EMHS credit rating downgraded

Posted Feb. 06, 2009, at 8:37 p.m.

BREWER, Maine — Standard & Poor’s financial services agency has downgraded Eastern Maine Healthcare Systems’ credit rating from A-plus to A-minus, largely based on the more than $115 million in backlogged Medicaid payments owed to the seven EMHS member hospitals by the state of Maine.

In addition, EMHS has experienced “weakening profitability” for the last three years and is operating at a loss in the current fiscal year, according to a report from Standard & Poor’s dated earlier this week.

The rating change will make it more costly for EMHS and its affiliates to borrow money for big-ticket purchases and construction, said Dan Coffey, vice president and chief financial officer at EMHS.

“This is a measurement of the creditworthiness of the entire system,” he said.

A state official said Friday that Gov. John Baldacci is committed to paying off old MaineCare debts to hospitals, but she questioned whether that debt should be blamed for EMHS’ rating drop.

“This is a long-standing problem and it hasn’t affected their bond rating before,” said Trish Riley, director of the Governor’s Office of Health Policy and Finance. Riley stressed the impact of the unstable state and national economies on all hospitals.

“A-minus is still a good, good rating,” she said.

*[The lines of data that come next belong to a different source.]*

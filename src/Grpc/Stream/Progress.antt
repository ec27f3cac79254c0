-- ===== src/Grpc/Stream/Progress.antt =====
-- The readiness and the files of images/dataplane/src/grpc.rs over time.
use argon.Prelude.{
  ℕ, ◌≡◌, refl, Bool, true, false, not, ◌&&◌, ◌||◌, Option, none, some, List, arith, nat_eq,
  list_eq,
}
use argon.Text.{Text}
use argon.Rewrites.{HeaderName}
use argon.Cluster.{Counters}
use argon.Grpc.Watcher.{
  WatchedFile, ca_file, client_file, key_file, Files, is_nil, try_load_and_store, read_file,
}
use argon.Certs.{Tls}
use argon.Grpc.Stream.{
  Phase, loop_start, connecting, opening, streaming, publish_table, publish_certs, stopped, Event,
  checked, connected, write, cancel, file_read, watcher_stopped, Manager, step_loop, step, Reach,
  here, next,
}

pub try_load_and_store-keeps :
    (new : Option (List ℕ)) (target : List ℕ)
    → is_nil target ≡ false
    → is_nil (try_load_and_store new target).0 ≡ false
unfolding try_load_and_store
try_load_and_store-keeps none target h = h
try_load_and_store-keeps (some bytes) target h = ground arith

-- The three files that a connection needs are there.
abbrev pub has_files : Files → Bool
has_files f = not (is_nil f.ca_pem) && not (is_nil f.client_pem || is_nil f.client_key_pem)

module _ (counters : Counters) (header_name : Text → Option HeaderName) (tls : Tls) where
  read_file-keeps :
      (waiting : Bool) (content : Option (List ℕ)) (f : Files)
      → has_files f ≡ true
      → has_files (read_file waiting content f) ≡ true
  unfolding read_file
  read_file-keeps waiting content f h = by_file f.reading refl
    where
      by_file : (w : WatchedFile) → f.reading ≡ w → has_files (read_file waiting content f) ≡ true
      by_file ca_file at = ground (arith, try_load_and_store-keeps content f.ca_pem)
      by_file client_file at = ground (arith, try_load_and_store-keeps content f.client_pem)
      by_file key_file at = ground (arith, try_load_and_store-keeps content f.client_key_pem)

  -- The admin port answers that it is ready, and the three files are there.
  abbrev pub IsUp : Manager counters header_name tls → Type 0
  IsUp m = (m.ready ≡ true) × (has_files m.files ≡ true)

  loop-IsUp :
      (p : Phase) (e : Event) (m o : Manager counters header_name tls)
      → IsUp m
      → step_loop counters header_name tls p e m ≡ some o
      → IsUp o
  unfolding step
  loop-IsUp loop_start checked m o h s = ground arith
  loop-IsUp loop_start _ m o h s = ground arith
  loop-IsUp (connecting config) connected m o h s = ground arith
  loop-IsUp (connecting config) _ m o h s = ground arith
  loop-IsUp (opening request) connected m o h s = ground arith
  loop-IsUp (opening request) _ m o h s = ground arith
  loop-IsUp (streaming got) connected m o h s = ground arith
  loop-IsUp (streaming got) _ m o h s = ground arith
  loop-IsUp (publish_table snap) write m o h s = ground arith
  loop-IsUp (publish_table snap) _ m o h s = ground arith
  loop-IsUp (publish_certs snap) write m o h s = ground arith
  loop-IsUp (publish_certs snap) _ m o h s = ground arith
  loop-IsUp stopped e m o h s = ground arith

  step-IsUp :
      (e : Event) (m o : Manager counters header_name tls)
      → IsUp m
      → step counters header_name tls e m ≡ some o
      → IsUp o
  unfolding step
  step-IsUp cancel m o h s = ground arith
  step-IsUp (file_read waiting content) m o h s =
      ground (arith, read_file-keeps waiting content m.files)
  step-IsUp watcher_stopped m o h s = ground arith
  step-IsUp e m o h s = loop-IsUp m.phase e m o h s

  -- A manager that is ready and has its three files stays so, whatever the control plane, the disk
  -- and the shutdown do.
  pub Reach-IsUp :
      (m o : Manager counters header_name tls)
      → IsUp m
      → Reach counters header_name tls m o
      → IsUp o
  Reach-IsUp m o h here = h
  Reach-IsUp m o h (next {n} e r s) = step-IsUp e n o (Reach-IsUp m n h r) s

Riley noted that language in the supplemental budget approved by state lawmakers last month would make it a priority to use a portion of anticipated federal economic stimulus funds to pay off some of the MaineCare debt to hospitals.

“No one disagrees this is a problem,” she said. “But we can’t spend the stimulus money before we get it.”

EMHS has maintained an A-plus rating since 2000, Coffey said. Last year, the overall rating was upheld despite Standard & Poor’s downgrade of the organization’s financial outlook from “stable” to “negative,” he said. That change reflected growing regional economic distress and a reduction in financial liquidity, or cash on hand, as well as developing budget problems within the organization, Coffey said.

“It was a combination of things, but liquidity is the most alarming [to Standard & Poor’s],” Coffey said.

That liquidity is profoundly affected by the more than $115 million Maine owes to the seven member hospitals in the EMHS system, according to Coffey, including more than $71 million owed to Eastern Maine Medical Center in Bangor, the system’s largest facility.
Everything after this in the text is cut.